ESPECTáCULOS › PEPE SORIANO HABLA DEL REGRESO DE “EL LORO CALABRES”
“Quiero devolver lo recibido en tantos años de carrera”
En esta reedición del unipersonal estrenado en 1975, el actor transita su larga experiencia en la escena y cierra el encuentro compartiendo un pan con los espectadores, “una ceremonia en la que la gente, por unos minutos, puede desprenderse de una realidad que lastima a la esperanza”.
Por Hilda Cabrera
En cada presentación de El loro calabrés, el actor Pepe Soriano siente que testimonia su independencia y cumple con el deseo de comunicarse sin artificios con quienes asisten a este espectáculo que armó hace tiempo: “Lo mío no pasa por si soy mejor o peor actor –hay una cantidad increíble de buenos actores–, sino por el gusto de devolverle a la gente lo que me dio durante 50 años”. Esto que parece una declaración de principios surge de una realidad: “Gracias a los que me tienen en cuenta me gano la vida con mi oficio, con este trabajo maravilloso en el que a veces me fue bien y otras mal, pero con el que pude criar a mis hijos y comprar la casa de Colegiales en que nací”. Por eso al finalizar la representación de El loro calabrés abandona el escenario y se acerca a los espectadores portando una gran hogaza de pan casero. Convida a todos y pide que le ayuden en el reparto.
“Mi objetivo es ser persona”, puntualiza el actor a Página/12. Memora entonces una función ofrecida ocho años atrás en un auditorio del conurbano a la que esta cronista asistió. “Fue emocionante”, dice. “Esa noche vino a verme María Rosa Gallo. Estaba tan conmovida que no podía dejar de llorar.” Gallo está entre aquellos a los que considera compañeros y maestros. “Son los que me ayudaron enormemente con su saber, como el director Oscar Fessler, que falleció. Había nacido en París, era muy viajero y vivió muchos años en Argentina dedicándose a la enseñanza. Me ayudaron Alejandra Boero, Carlos Gandolfo, Agustín Alezzo y Juan Carlos Gené.” El actor no quiere olvidar a nadie, y los recobra en la entrevista, como lo hace respecto de los personajes de su vida en el unipersonal El loro..., que reestrena hoy en el Auditorio Astor Piazzolla del Centro Cultural Borges (Viamonte y San Martín), donde hará funciones únicamente los viernes a las 20.30. El libro y la dirección le pertenecen. De la asistencia se encarga Ernesto Iriarte, Spot Iluminación del diseño de luces; Lalo Prino de la producción y de la música; el Trío El Zarpe, con Hugo Arias en guitarra; Aldo Peruzzetto en bandoneón y Chiche González en teclados.
Protagonista de numerosas e importantes piezas teatrales, Soriano se destacó también en el cine y en algunos ciclos televisivos.
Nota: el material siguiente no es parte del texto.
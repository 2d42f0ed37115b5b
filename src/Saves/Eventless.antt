-- ===== src/Saves/Eventless.antt =====
-- packages/db/src/repositories/transition-validation.ts: the validation of a save without events.
use interview_agent.Common.{
  ◌+◌, Bool, not, ◌&&◌, ◌||◌, ◌==◌, if◌then◌else◌, Option, none, some, is_some, text_eq, before,
  clone_date, err, ◌>>◌,
}
use interview_agent.Interview.{
  InterviewPhase, awaiting_response, awaiting_continue, processing, is_active, is_report_pending,
  phase_eq,
}
use interview_agent.Engine.{Interview, PendingInterviewOperation, question_clarification}
use interview_agent.Engine.Guards.{has_phase}
use interview_agent.Engine.Accepted.{operation_eq}
use interview_agent.Saves.{corrupt_save, pending_mismatch, refresh_mismatch, eventless_mismatch}
use interview_agent.Saves.Validate.{SaveChecked, reject_if, assert_aggregate_equals, clone_pending}

-- `… === null` of the fields that the first test of `validateEventlessTransition` reads.
abbrev pub is_report_refresh : Interview → Interview → Bool
is_report_refresh previous current =
    is_report_pending previous.status
    && is_report_pending current.status
    && not (is_some previous.phase)
    && not (is_some current.phase)
    && not (is_some previous.pending_operation)
    && not (is_some current.pending_operation)
    && is_some previous.pending_report_kind
    && is_some previous.report_requested_at
    && not (is_some previous.report_id)
    && before previous.last_effective_activity_at current.last_effective_activity_at

-- `pending.previousPhase` is `awaiting_response` or `awaiting_continue`.
abbrev pub is_open_phase : InterviewPhase → Bool
is_open_phase phase = phase_eq phase awaiting_response || phase_eq phase awaiting_continue

-- The previous phase that a pending operation may not have.
abbrev pub is_wrong_phase : PendingInterviewOperation → Bool
is_wrong_phase pending =
    if operation_eq pending.operation question_clarification
    then not (phase_eq pending.previous_phase awaiting_response)
    else not (is_open_phase pending.previous_phase)

unfoldable pub validate_acceptance : Interview → Interview → PendingInterviewOperation → SaveChecked
validate_acceptance previous current pending = do
  let is_initial = current.version == previous.version + 1
  let is_retry = current.version == previous.version
  reject_if previous
      ((not is_initial && not is_retry)
        || not (is_active previous.status)
        || not (has_phase previous.phase pending.previous_phase)
        || not (is_open_phase pending.previous_phase)
        || not (pending.question_position == previous.current_question_position)
        || before pending.accepted_at previous.last_effective_activity_at
        || is_wrong_phase pending)
      pending_mismatch
  assert_aggregate_equals current (record previous {
    version = if is_initial then previous.version + 1 else previous.version;
    phase = some processing;
    pending_operation = some (clone_pending pending);
    last_effective_activity_at = clone_date pending.accepted_at;
  })

unfoldable pub validate_refresh :
    Interview → Interview → PendingInterviewOperation → PendingInterviewOperation → SaveChecked
validate_refresh previous current previous_pending current_pending = do
  reject_if previous
      (not (is_active previous.status)
        || not (has_phase previous.phase processing)
        || not (text_eq current_pending.operation_id previous_pending.operation_id)
        || not (operation_eq current_pending.operation previous_pending.operation)
        || not (current_pending.question_position == previous_pending.question_position)
        || not (phase_eq current_pending.previous_phase previous_pending.previous_phase)
        || before current_pending.accepted_at previous_pending.accepted_at)
      refresh_mismatch
  assert_aggregate_equals current (record previous {
    pending_operation = some (clone_pending current_pending);
    last_effective_activity_at = clone_date current_pending.accepted_at;
  })

-- `validateEventlessTransition` from its second test on.
unfoldable pub validate_pending_change :
    Interview
    → Interview
    → Option PendingInterviewOperation
    → Option PendingInterviewOperation
    → SaveChecked
unfolding validate_acceptance validate_refresh
validate_pending_change previous current none (some pending) =
    validate_acceptance previous current pending
validate_pending_change previous current (some previous_pending) (some current_pending) =
    validate_refresh previous current previous_pending current_pending
validate_pending_change previous current (some pending) none =
    assert_aggregate_equals current
      (record previous { phase = some pending.previous_phase; pending_operation = none })
validate_pending_change previous current none none =
    err (corrupt_save previous.id eventless_mismatch)

unfoldable pub validate_eventless_transition : Interview → Interview → SaveChecked
unfolding validate_pending_change
validate_eventless_transition previous current =
    if is_report_refresh previous current
    then assert_aggregate_equals current (record previous {
      last_effective_activity_at = clone_date current.last_effective_activity_at;
    })
    else validate_pending_change previous current previous.pending_operation
        current.pending_operation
Sus seguidores lo recuerdan en Tute cabrero, Juan Lamaglia y señora, Las venganzas de Beto Sánchez, La Patagonia rebelde (donde compuso al alemán Schultz), La nona (traslación de la pieza de Roberto Cossa), Una sombra ya pronto serás, Asesinato en el Senado de la Nación y las españolas La taberna fantástica y Espérame en el cielo, de 1987, donde compuso a Francisco Franco. En cuanto a su labor en TV, se lo destacó a nivel internacional (Festival de Montecarlo) por su actuación en “Rito de adviento”, del ciclo Alta Comedia emitido por Canal 9. El loro... nació después de que el actor recibiera amenazas en 1974, cuando gobernaba Isabelita. Decidió entonces “emigrar hacia adentro”, recorrer pueblos y ciudades de provincia, recobrar anécdotas de su vida de artista, y a seres queridos como su abuelo calabrés y el loro que lo imitaba, y la abuela napolitana que lo cuidó siendo niño, porque él había perdido a su madre. El espectáculo es el de siempre (lo estrenó en 1975, en Santa Fe), y sólo le practicó algunos retoques: “Lo podría extender a tres horas, pero es demasiado”, opina. “Me limito a una hora y cinco minutos. No quiero fatigar, tampoco sé si todo lo que planteo interesa. Prefiero quedarme en temas de la infancia y la adolescencia, hablar sobre el estudio, el trabajo, la mujer y los hijos: cosas que pueden ser compartidas.”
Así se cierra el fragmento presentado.